「CSV経営」という言葉をはご存じでしょうか? CSVとよく似た言葉にCSRがありますが、どう違うのでしょうか?
この記事ではまず、CSVの意味について解説します。さらにCSRとの違いやCSV経営に取り組むメリット、CSV経営の事例、関連するESGとSDGsについても紹介します。
この記事を読めば、CSV経営の意味やCSV経営の具体像がわかるようになります。ぜひ、最後までご覧ください。
CSV経営とは?
CSVとはCreating Shared Valueの略で「共有価値の創造」という意味です。社会貢献活動と思われることが多いですが、社会問題の解決を通じて経済的な利益に繋げるという考え方を指しています。
CSV とは?
CSVとは、Creating Shared Valueの略であり、営利企業が社会問題を解決することで経済的価値と社会的価値を共に創出しようとする考え方のことです。

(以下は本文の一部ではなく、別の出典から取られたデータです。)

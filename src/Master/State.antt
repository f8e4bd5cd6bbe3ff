-- ===== src/Master/State.antt =====
-- crates/master/src/state.rs. A method that takes `&mut self` returns its result and the new state,
-- also where it fails. The clock is an argument of the methods that read it.
pub mod Accounting
pub mod Evicting
pub mod Starting
pub mod WellFormed
pub mod Calls
mod Examples
pub mod Backing
pub mod Placement
pub mod Eviction
pub mod Frames
pub mod Statuses
pub mod Transitions
pub mod Lifecycle
pub mod Leased
pub mod Holding
pub mod Reading
pub mod Writes
pub mod Replicas
pub mod Snapshot
pub mod Spans
use mooncache.Prelude.{
  ℕ, ◌-◌, true, false, not, List, [], ◌∷◌, map, Option, none, some, ltb, leb, if◌then◌else◌, length,
  saturating_add, Text, text, ◌==◌, lookup, insert, remove, contains_key, collect_into,
}
use mooncache.Common.{
  CacheResult, ok, err, not_found, conflict, TenantId, tenant_id_parse, tenant_id_eq, CacheKey,
  ObjectKey, object_key_eq,
}
use mooncache.Master.Object.{
  ObjectStatus, reserving, writing, committed, revoked, evicted, ReplicaDescriptor, CacheObjectMeta,
}
use mooncache.Master.Quota.{TenantQuota, with_usage, reserve_dram, release_dram}
use mooncache.Master.Lease.{
  LeaseTracker, no_leases, ReplicaList, refresh, has_active_lease, drop_lease,
}
use mooncache.Master.Allocator.{
  SegmentAllocation, SegmentAllocator, no_segments, allocator_mount, allocate,
}
use mooncache.Master.Eviction.{
  EvictionCandidateClass, normal, soft_pinned, is_committed, candidate_class,
}

pub record MasterMetadataSnapshot : Type 0 where
  pub objects : List CacheObjectMeta
  pub quotas : List (TenantId × TenantQuota)
  pub evictions_total : ℕ

pub record MasterState : Type 0 where
  pub objects : List (ObjectKey × CacheObjectMeta)
  pub quotas : List (TenantId × TenantQuota)
  pub leases : LeaseTracker
  pub allocator : SegmentAllocator
  pub next_lease_sequence : ℕ
  pub evictions_total : ℕ

-- `MasterState::default`, which `new_for_test` returns.
abbrev pub default_state : MasterState
default_state = record {
  objects = [];
  quotas = [];
  leases = no_leases;
  allocator = no_segments;
  next_lease_sequence = 0;
  evictions_total = 0;
}

abbrev pub object_key : CacheObjectMeta → ObjectKey
object_key object = (object.tenant_id, object.cache_key)

unfoldable pub metadata_snapshot : MasterState → MasterMetadataSnapshot
metadata_snapshot s = record {
  objects = map (λ e. e.1) s.objects;
  quotas = s.quotas;
  evictions_total = s.evictions_total;
}

unfoldable pub from_metadata_snapshot : MasterMetadataSnapshot → MasterState
from_metadata_snapshot snapshot = record {
  objects = collect_into [] (map (λ object. (object_key object, object)) snapshot.objects);
  quotas = collect_into [] snapshot.quotas;
  leases = no_leases;
  allocator = no_segments;
  next_lease_sequence = 0;
  evictions_total = snapshot.evictions_total;
}

unfoldable pub mount_segment : MasterState → Text → ℕ → MasterState
mount_segment s node_id len = record s { allocator = allocator_mount s.allocator node_id len }

-- `observability_snapshot`: the number of objects and of evictions.
unfoldable pub observability_snapshot : MasterState → ℕ × ℕ
observability_snapshot s = (length s.objects, s.evictions_total)

unfoldable pub quota_reserved_bytes : CacheObjectMeta → ℕ
quota_reserved_bytes object = elim object.status [
  | reserving ↦ object.len
  | writing ↦ object.len
  | committed ↦ object.len
  | revoked ↦ 0
  | evicted ↦ 0
]

-- The fold of `set_tenant_quota` over the objects of a tenant.
unfoldable pub used_dram_from : TenantId → ℕ → List (ObjectKey × CacheObjectMeta) → ℕ
unfolding quota_reserved_bytes
used_dram_from tenant_id used [] = used
used_dram_from tenant_id used ((k, object) ∷ objects) =
    used_dram_from tenant_id
      (if object.tenant_id == tenant_id
        then saturating_add used (quota_reserved_bytes object)
        else used)
      objects

unfoldable pub set_tenant_quota : MasterState → Text → ℕ → ℕ → CacheResult (Unit {0}) × MasterState
unfolding used_dram_from with_usage
set_tenant_quota s tenant dram_bytes ssd_bytes = elim (tenant_id_parse tenant) [
  | err e ↦ (err e, s)
  | ok tenant_id ↦ (
    ok tt,
    record s {
      quotas =
          insert tenant_id (with_usage dram_bytes ssd_bytes (used_dram_from tenant_id 0 s.objects))
            s.quotas;
    },
  )
]

-- The bodies of `reserve_tenant_quota` and `release_tenant_quota`, on the map of the quotas: a
-- tenant that has no quota is not limited.
unfoldable pub reserve_quota :
    List (TenantId × TenantQuota) → TenantId → ℕ → CacheResult (List (TenantId × TenantQuota))
reserve_quota quotas tenant_id bytes = elim (lookup tenant_id quotas) [
  | none ↦ ok quotas
  | some quota ↦ elim (reserve_dram quota bytes) [
    | err e ↦ err e
    | ok quota' ↦ ok (insert tenant_id quota' quotas)
  ]
]

unfoldable pub release_quota :
    List (TenantId × TenantQuota) → TenantId → ℕ → List (TenantId × TenantQuota)
release_quota quotas tenant_id bytes = elim (lookup tenant_id quotas) [
  | none ↦ quotas
  | some quota ↦ insert tenant_id (release_dram quota bytes) quotas
]

unfoldable pub reserve_tenant_quota : MasterState → TenantId → ℕ → CacheResult MasterState
reserve_tenant_quota s tenant_id bytes = elim (reserve_quota s.quotas tenant_id bytes) [
  | err e ↦ err e
  | ok quotas ↦ ok (record s { quotas = quotas })
]

unfoldable pub release_tenant_quota : MasterState → TenantId → ℕ → MasterState
release_tenant_quota s tenant_id bytes = record s {
  quotas = release_quota s.quotas tenant_id bytes;
}

abbrev pub replica_of : SegmentAllocation → ReplicaDescriptor
replica_of allocation = record {
  node_id = allocation.node_id;
  offset = allocation.offset;
  len = allocation.len;
}

abbrev pub reserved_object : TenantId → CacheKey → ℕ → List ReplicaDescriptor → CacheObjectMeta
reserved_object tenant_id cache_key len replicas = record {
  tenant_id = tenant_id;
  cache_key = cache_key;
  len = len;
  status = reserving;
  replicas = replicas;
  hard_pinned = false;
  soft_pinned_until_ms = none;
}

-- The end of `put_start`, once the allocator has answered.
unfoldable pub put_start_allocated :
    TenantId
    → CacheKey
    → ℕ
    → MasterState
    → CacheResult (List SegmentAllocation) × SegmentAllocator
    → CacheResult (List ReplicaDescriptor) × MasterState
unfolding release_tenant_quota
put_start_allocated tenant_id cache_key len s (err e, allocator) =
    (err e, release_tenant_quota (record s { allocator = allocator }) tenant_id len)
put_start_allocated tenant_id cache_key len s (ok allocations, allocator) =
    let replicas = map replica_of allocations in
    let object = reserved_object tenant_id cache_key len replicas in
    (
      ok replicas,
      record s { allocator = allocator; objects = insert (tenant_id, cache_key) object s.objects },
    )

unfoldable pub put_start :
    MasterState → TenantId → CacheKey → ℕ → ℕ → CacheResult (List ReplicaDescriptor) × MasterState
unfolding reserve_tenant_quota put_start_allocated
put_start s tenant_id cache_key len replica_count =
    if contains_key (tenant_id, cache_key) s.objects
    then (err (conflict (text "object already exists")), s)
    else elim (reserve_tenant_quota s tenant_id len) [
      | err e ↦ (err e, s)
      | ok s' ↦
          put_start_allocated tenant_id cache_key len s' (allocate s'.allocator len replica_count)
    ]

-- The assignment `object.status = ..` through `object_mut`.
abbrev pub with_status : ObjectStatus → CacheObjectMeta → CacheObjectMeta
with_status status object = record object { status = status }

unfoldable pub put_end : MasterState → TenantId → CacheKey → CacheResult (Unit {0}) × MasterState
put_end s tenant_id cache_key = elim (lookup (tenant_id, cache_key) s.objects) [
  | none ↦ (err not_found, s)
  | some object ↦
      let done = record s {
        objects = insert (tenant_id, cache_key) (with_status committed object) s.objects;
      } in
      elim object.status [
        | reserving ↦ (ok tt, done)
        | writing ↦ (ok tt, done)
        | committed ↦ (err (conflict (text "object already committed")), s)
        | revoked ↦ (err (conflict (text "object is not writable")), s)
        | evicted ↦ (err (conflict (text "object is not writable")), s)
      ]
]

abbrev pub without_lease : MasterState → TenantId → CacheKey → MasterState
without_lease s tenant_id cache_key = record s { leases = drop_lease s.leases tenant_id cache_key }

-- What `put_revoke` and an eviction do to an object that is there.
unfoldable pub retire :
    ObjectStatus → MasterState → TenantId → CacheKey → CacheObjectMeta → MasterState
unfolding quota_reserved_bytes release_tenant_quota
retire status s tenant_id cache_key object =
    let marked = record s {
      objects = insert (tenant_id, cache_key) (with_status status object) s.objects;
    } in
    without_lease (release_tenant_quota marked tenant_id (quota_reserved_bytes object)) tenant_id
      cache_key

unfoldable pub put_revoke : MasterState → TenantId → CacheKey → CacheResult (Unit {0}) × MasterState
unfolding retire
put_revoke s tenant_id cache_key = elim (lookup (tenant_id, cache_key) s.objects) [
  | none ↦ (err not_found, s)
  | some object ↦ (ok tt, retire revoked s tenant_id cache_key object)
]

unfoldable pub get_replica_list :
    MasterState → TenantId → CacheKey → ℕ → CacheResult ReplicaList × MasterState
unfolding is_committed
get_replica_list s tenant_id cache_key now_ms = elim (lookup (tenant_id, cache_key) s.objects) [
  | none ↦ (err not_found, s)
  | some object ↦
      if not (is_committed object.status)
      then (err not_found, s)
      else (let sequence = saturating_add s.next_lease_sequence 1 in
          let (lease, leases) = refresh s.leases tenant_id cache_key sequence now_ms in
          (
            ok (record { replicas = object.replicas; lease = lease }),
            record s { next_lease_sequence = sequence; leases = leases },
          ))
]

-- `MasterState::remove`
unfoldable pub remove_object :
    MasterState → TenantId → CacheKey → CacheResult (Unit {0}) × MasterState
unfolding quota_reserved_bytes release_tenant_quota
remove_object s tenant_id cache_key = elim (lookup (tenant_id, cache_key) s.objects) [
  | none ↦ (err not_found, s)
  | some object ↦
      let removed = record s { objects = remove (tenant_id, cache_key) s.objects } in
      (
        ok tt,
        without_lease (release_tenant_quota removed tenant_id (quota_reserved_bytes object))
            tenant_id cache_key,
      )
]

-- The `match` on the class of a candidate: which of the two vectors the key joins.
unfoldable pub push_candidate :
    Option EvictionCandidateClass
    → CacheKey
    → List CacheKey × List CacheKey
    → List CacheKey × List CacheKey
push_candidate (some normal) cache_key (normals, soft_pinneds) = (cache_key ∷ normals, soft_pinneds)
push_candidate (some soft_pinned) cache_key (normals, soft_pinneds) =
    (normals, cache_key ∷ soft_pinneds)
push_candidate none cache_key keys = keys

-- The first loop of `evict_for_tenant`: the normal and the soft-pinned candidates, in the order of
-- the iteration.
unfoldable pub candidates :
    LeaseTracker → TenantId → ℕ → List (ObjectKey × CacheObjectMeta) → List CacheKey × List CacheKey
unfolding push_candidate
candidates leases tenant_id now_ms [] = ([], [])
candidates leases tenant_id now_ms (((object_tenant_id, cache_key), object) ∷ objects) =
    let keys = candidates leases tenant_id now_ms objects in
    if not (object_tenant_id == tenant_id)
    then keys
    else push_candidate
        (candidate_class object (has_active_lease leases object_tenant_id cache_key now_ms) now_ms)
        cache_key keys

-- The loop of `evict_candidate_keys`, from the bytes reclaimed so far.
unfoldable pub evict_candidate_keys :
    TenantId → ℕ → List CacheKey → ℕ → MasterState → ℕ × MasterState
unfolding quota_reserved_bytes retire
evict_candidate_keys tenant_id target [] reclaimed s = (reclaimed, s)
evict_candidate_keys tenant_id target (cache_key ∷ cache_keys) reclaimed s =
    elim (leb target reclaimed) [
      | true ↦ (reclaimed, s)
      | false ↦ elim (lookup (tenant_id, cache_key) s.objects) [
        | none ↦ evict_candidate_keys tenant_id target cache_keys reclaimed s
        | some object ↦
            let s' = retire evicted s tenant_id cache_key object in
            evict_candidate_keys tenant_id target cache_keys
              (saturating_add reclaimed (quota_reserved_bytes object))
              (record s' { evictions_total = saturating_add s'.evictions_total 1 })
      ]
    ]

unfoldable pub evict_for_tenant : MasterState → TenantId → ℕ → ℕ → CacheResult ℕ × MasterState
unfolding candidates evict_candidate_keys
evict_for_tenant s tenant_id target now_ms =
    let (normals, soft_pinneds) = candidates s.leases tenant_id now_ms s.objects in
    let (reclaimed, s') = evict_candidate_keys tenant_id target normals 0 s in
    if ltb reclaimed target
    then (let (more, s'') = evict_candidate_keys tenant_id (target - reclaimed) soft_pinneds 0 s' in
        (ok (saturating_add reclaimed more), s''))
    else (ok reclaimed, s')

経営学者のマイケル・ポーター教授によって提唱されました。
本来なら、経済効果と社会的価値の創出の両立は難しいと考えられていました。
しかしこの考え方は、両者の両立、ましてやそれ以上の成果をめざそうというものです。
CSVは、CSR(自社の利益を追求するだけでなく、社会の課題に目を向けなければいけないという考え方)と混同されてしまいます。
CSVとCSRの違いは、事業の一環の社会課題なのか事業とは別の社会課題なのかです。
CSVの方が積極的に社会課題に取り込むことで、利益を損なわず持続可能な経営を実現できると言えるでしょう。
◆関連用語
企業の経済的価値と社会的価値の両立
CSV経営では、企業の経済的価値と社会的価値の両立をめざします。さらには経済的価値と社会的価値を高めた相乗効果により、企業価値を最大化することも期待されています。
CSVの考え方が生まれたのは2011年
CSVは、2011年にアメリカの経営学者マイケル・ポーター氏とマーク・クレマー氏が提唱した考えです。
マイケル・ポーター氏らによると、CSVには「製品と市場を見直す」「バリューチェーンの生産性を再定義する」「企業が拠点を置く地域に支援する産業クラスターをつくる」という考えがあります。
CSVとCSRの違い
CSVと似た言葉にCSRがあります。CSRは「Corporate Social Responsibility」の略で、日本語では「企業の社会的責任」と訳されます。CSVよりもCSRの方が耳なじみのある方も多いのではないでしょうか。
CSRとは、企業が経済活動だけでなく、地域社会や環境などと共存し、さまざまなステークホルダーからの信頼を得る活動のことをいいます。CSRは企業評価や企業イメージ・知名度・ブランドを高めるための活動でもあるのです。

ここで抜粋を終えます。